Abstract

On 1 June 1990 the x-ray astronomy satellite ROSAT was launched into a near-earth orbit and has been in operation since then. ROSAT carries two grazing incidence telescopes covering the XUV (≈ 50-750 Å) and the soft x-ray (≈ 50-750 Å) spectral regions. The Wolter type I x-ray telescope consists of four nested mirror pairs with a 835-mm maximum aperture and 2.4-m focal length, characterized by a half energy width of <4 arcsec and extremely low scattering wings due to the mirror surface microroughness of <2.8 Å. By now, ROSAT has finished the first all-sky survey performed with an imaging x-ray telescope and >60,000 new cosmic x-ray sources were discovered.
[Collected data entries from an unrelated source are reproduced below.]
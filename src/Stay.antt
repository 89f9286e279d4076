-- ===== src/Stay.antt =====
-- One stay: a session, and the room on the host that a backend has given it. The calls that the session
-- makes on the room are carried out on it, one behind the other.
mod Examples
use keycard.Prelude.{
  ℕ, zero, suc, ◌+◌, ◌≤◌, String, Bool, true, false, false≢true, ◌≡◌, ◌⊎◌, inl, inr, refl, ◌∙◌, ap,
  Option, none, some, List, [], ◌∷◌, arith, All, count_if, length, ℤ, Result, ok, err, subst,
}
use keycard.Rooms.{Room}
use keycard.Kept.{KeptRooms}
use keycard.Session.Types.{
  Effect, Pump, Teardown, finished, late_checkout, reading, awaiting, destroys, pauses, opens,
  resumes, destroys_kept, writes, resizes, new_session, unstarted, scheduled, opening,
  dropping_kept,
}
use keycard.Session.Tasks.Channel.{connection_made}
use keycard.Session.Machine.{Event}
use keycard.Session.Machine.Pause.{IsAllowed, paused-IsAllowed}
use keycard.Session.Machine.Room.{
  Life, over, closing, life, room_calls, LeadsTo, is_complete, session_keeps_to_life,
}
use keycard.Session.Machine.Once.{is_destroys}
use keycard.Session.Machine.Release.{rooms_got, is_ending, lived, released_is_torn_down}
use keycard.Routing.Wrapped.{routed_room}
use keycard.Firecracker.Host.{Host, Faults, empty_host, stop_vm, remove_instance, rmtree}
use keycard.Firecracker.Lifecycle.{open_vm}
use keycard.Firecracker.Room.{FirecrackerRoom, new_room, destroy}
use keycard.Firecracker.Room.Interface.{microvm_room, microvm_backend, attached}
use keycard.Firecracker.Room.Leaves.{destroy-open_vm}

module _ {S K R D P : Type 0} (room : Room S K R D P) (d : D) (p : P) where
  -- The effects of a session, latest first, on the room; each call is answered alike.
  unfoldable pub carried_out : List Effect → S → S
  carried_out [] s = s
  carried_out (destroys r ∷ es) s = (room.destroy d (carried_out es s)).1
  carried_out (pauses r ∷ es) s = (room.pause p (carried_out es s)).1
  carried_out (opens ∷ es) s = carried_out es s
  carried_out (resumes k ∷ es) s = carried_out es s
  carried_out (destroys_kept k ∷ es) s = carried_out es s
  carried_out (writes r bytes ∷ es) s = carried_out es s
  carried_out (resizes r w h ∷ es) s = carried_out es s

  carried_out-room_calls :
      (es : List Effect) (s : S) → carried_out es s ≡ carried_out (room_calls es) s
  unfolding carried_out
  carried_out-room_calls [] s = refl
  carried_out-room_calls (destroys r ∷ es) s =
      ap (λ t. (room.destroy d t).1) (carried_out-room_calls es s)
  carried_out-room_calls (pauses r ∷ es) s =
      ap (λ t. (room.pause p t).1) (carried_out-room_calls es s)
  carried_out-room_calls (opens ∷ es) s = carried_out-room_calls es s
  carried_out-room_calls (resumes k ∷ es) s = carried_out-room_calls es s
  carried_out-room_calls (destroys_kept k ∷ es) s = carried_out-room_calls es s
  carried_out-room_calls (writes r bytes ∷ es) s = carried_out-room_calls es s
  carried_out-room_calls (resizes r w h ∷ es) s = carried_out-room_calls es s

endings-room_calls : (es : List Effect) → count_if is_ending es ≡ length (room_calls es)
endings-room_calls [] = refl
endings-room_calls (e ∷ es) = ground (arith, endings-room_calls es)

-- Calls of `destroy`, and no others.
abbrev AllDestroy : List Effect → Type 0
AllDestroy = All (λ e. is_destroys e ≡ true)

-- Where no room can be paused, the calls are destroys.
unpaused-AllDestroy :
    (es : List Effect) → All (IsAllowed (λ r. false)) es → AllDestroy (room_calls es)
unpaused-AllDestroy [] h = tt
unpaused-AllDestroy (destroys r ∷ es) h = (refl, unpaused-AllDestroy es h.1)
unpaused-AllDestroy (pauses r ∷ es) h = absurd (cc (h.0))
unpaused-AllDestroy (opens ∷ es) h = unpaused-AllDestroy es h.1
unpaused-AllDestroy (resumes k ∷ es) h = unpaused-AllDestroy es h.1
unpaused-AllDestroy (destroys_kept k ∷ es) h = unpaused-AllDestroy es h.1
unpaused-AllDestroy (writes r bytes ∷ es) h = unpaused-AllDestroy es h.1
unpaused-AllDestroy (resizes r w t ∷ es) h = unpaused-AllDestroy es h.1

-- Of the calls of a life that is over, if they are destroys, there is one at most.
complete_alone :
    (calls : List Effect)
    → is_complete calls ≡ true
    → 1 ≤ length calls
    → AllDestroy calls
    → (r : ℕ) × (calls ≡ destroys r ∷ [])
complete_alone [] done some_call h = absurd (omega arith)
complete_alone (destroys r ∷ []) done some_call h = (r, refl)
complete_alone (destroys r ∷ destroys q ∷ calls) done some_call h = absurd (cc (done))
complete_alone (destroys r ∷ e ∷ calls) done some_call h = absurd (false≢true h.1.0)
complete_alone (e ∷ calls) done some_call h = absurd (false≢true h.0)

-- The calls of a session that is over, if it has made one on a room.
ended_alone :
    (pump : Pump) (calls : List Effect)
    → LeadsTo (life pump finished none) calls
    → 1 ≤ length calls
    → AllDestroy calls
    → (r : ℕ) × (calls ≡ destroys r ∷ [])
ended_alone (late_checkout r) calls (inl alone) some_call h = (r, alone)
ended_alone (late_checkout r) calls (inr both) some_call h =
    absurd (false≢true ((subst AllDestroy both h).1.0))
ended_alone unstarted calls done some_call h = absurd (ground (arith, done))
ended_alone scheduled calls done some_call h = absurd (ground (arith, done))
ended_alone (opening found) calls done some_call h = absurd (ground (arith, done))
ended_alone (dropping_kept k) calls done some_call h = complete_alone calls done some_call h
ended_alone (reading r) calls done some_call h = complete_alone calls done some_call h
ended_alone (awaiting ours) calls done some_call h = complete_alone calls done some_call h
ended_alone Pump.done calls done some_call h = complete_alone calls done some_call h

module _ {S K R D P : Type 0} (room : Room S K R D P) (never : room.can_pause ≡ false) where
  -- A session that is over, that no cancel has cut off, and that has got a room which cannot be
  -- paused, has called `destroy` on a room and nothing else: carried out, its calls leave the room
  -- as that one `destroy` leaves it.
  pub stay_ends_by_destroy :
      (idle now : ℕ) (username : String) (kept : Option KeptRooms) (es : List Event) (d : D) (p : P)
      (start : S)
      → let s = lived (λ r. room.can_pause) idle now username kept es in
        s.active ≡ false
        → s.teardown_cancelled ≡ false
        → rooms_got (λ r. room.can_pause) es (connection_made (new_session idle username kept now))
          ≡ 1
        → carried_out room d p s.effects start ≡ (room.destroy d start).1
  unfolding carried_out
  stay_ends_by_destroy idle now username kept es d p start gone clean got =
      let s = lived (λ r. room.can_pause) idle now username kept es in
      let (over', empty, torn) =
        released_is_torn_down (λ r. room.can_pause) idle now username kept es gone clean in
      let unpaused = unpaused-AllDestroy s.effects (
        subst (λ b. All (IsAllowed (λ r. b)) s.effects) never
          (paused-IsAllowed (λ r. room.can_pause) idle now username kept es)) in
      let leads =
        subst (λ t. LeadsTo (life s.pump t s.room) (room_calls s.effects)) over'
          (session_keeps_to_life (λ r. room.can_pause) idle now username kept es) in
      let (r, alone) =
        ended_alone s.pump (room_calls s.effects)
          (subst (λ q. LeadsTo (life s.pump finished q) (room_calls s.effects)) empty leads)
          (omega (arith, endings-room_calls s.effects, torn, got)) unpaused in
      carried_out-room_calls room d p s.effects start
      ∙ ap (λ calls. carried_out room d p calls start) alone

-- A microVM that was opened is a new room on the host that `open` has left.
opened-new_room :
    (faults : Faults) (image : Bool) (host : Host) (start : FirecrackerRoom)
    → microvm_backend.open' (faults, image) empty_host ≡ (ok start, host)
    → (open_vm faults image empty_host ≡ (ok tt, host)) × (start ≡ new_room host)
unfolding microvm_backend
opened-new_room faults image host start opened = go (open_vm faults image empty_host) refl opened
  where
    go :
        (o : Result (Unit {0}) × Host)
        → open_vm faults image empty_host ≡ o
        → attached o ≡ (ok start, host)
        → (open_vm faults image empty_host ≡ (ok tt, host)) × (start ≡ new_room host)
    go (err e, h) o a = absurd (cc (a))
    go (ok done, h) o a = ground (arith, o, a)

-- A session whose room is a microVM that `open` made, behind the wrapper that routes it, leaves nothing
-- on the host: once the session has got that room and left the registry, and if no cancel has
-- reached its teardown, the calls that it has made on the room, carried out on the host, have left
-- no directory, no process, no connection and no open handle, whatever happened to the session in
-- between, if neither stopping the process nor removing the directory raises, and `rmtree` gets it
-- off the disk.
pub microvm_stay_leaves_nothing :
    (faults : Faults) (image : Bool) (host : Host) (start : FirecrackerRoom)
    (later pausing : Faults) (heard : Option ℤ) (instance' idle now : ℕ) (username : String)
    (kept : Option KeptRooms) (es : List Event)
    → microvm_backend.open' (faults, image) empty_host ≡ (ok start, host)
    → later stop_vm ≡ none
    → later remove_instance ≡ none
    → later rmtree ≡ none
    → let room = routed_room "firecracker" (microvm_room instance') in
      let s = lived (λ r. room.can_pause) idle now username kept es in
      s.active ≡ false
      → s.teardown_cancelled ≡ false
      → rooms_got (λ r. room.can_pause) es (connection_made (new_session idle username kept now))
        ≡ 1
      → (carried_out room (later, heard) pausing s.effects start).host ≡ empty_host
unfolding microvm_room
microvm_stay_leaves_nothing faults image host start later pausing heard instance' idle now username
      kept es opened stops removes cleared gone clean got =
    let room = routed_room "firecracker" (microvm_room instance') in
    let (made, fresh) = opened-new_room faults image host start opened in
    ap (λ s. s.host)
      (stay_ends_by_destroy room refl idle now username kept es (later, heard) pausing start gone
          clean got
        ∙ ap (λ s. (destroy (later, heard) s).1) fresh)
    ∙ destroy-open_vm faults image host later heard made stops removes cleared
Since 7 February 1991, pointed observations of preselected targets are carried out in an international guest-observer program. X-ray images have been obtained at an unprecedented level of angular resolution, contrast, and background noise. Future grazing incidence x-ray telescopes aim at improved angular resolution, larger collecting area, and broader spectral coverage. This is pursued in various projects including SAX, BBXRT, ASTRO-D, Spectrum-X, SOHO-CDS, AXAF and XMM, requiring new fabrication techniques and metrology. Development and status of SOHO-CDS, which is a Wolter type II solar EUV telescope of 2-arcsec resolution, and XMM, which consists of three telescopes of fifty-eight-nested light-weight mirror pairs for 0.1-10 keV, are presented.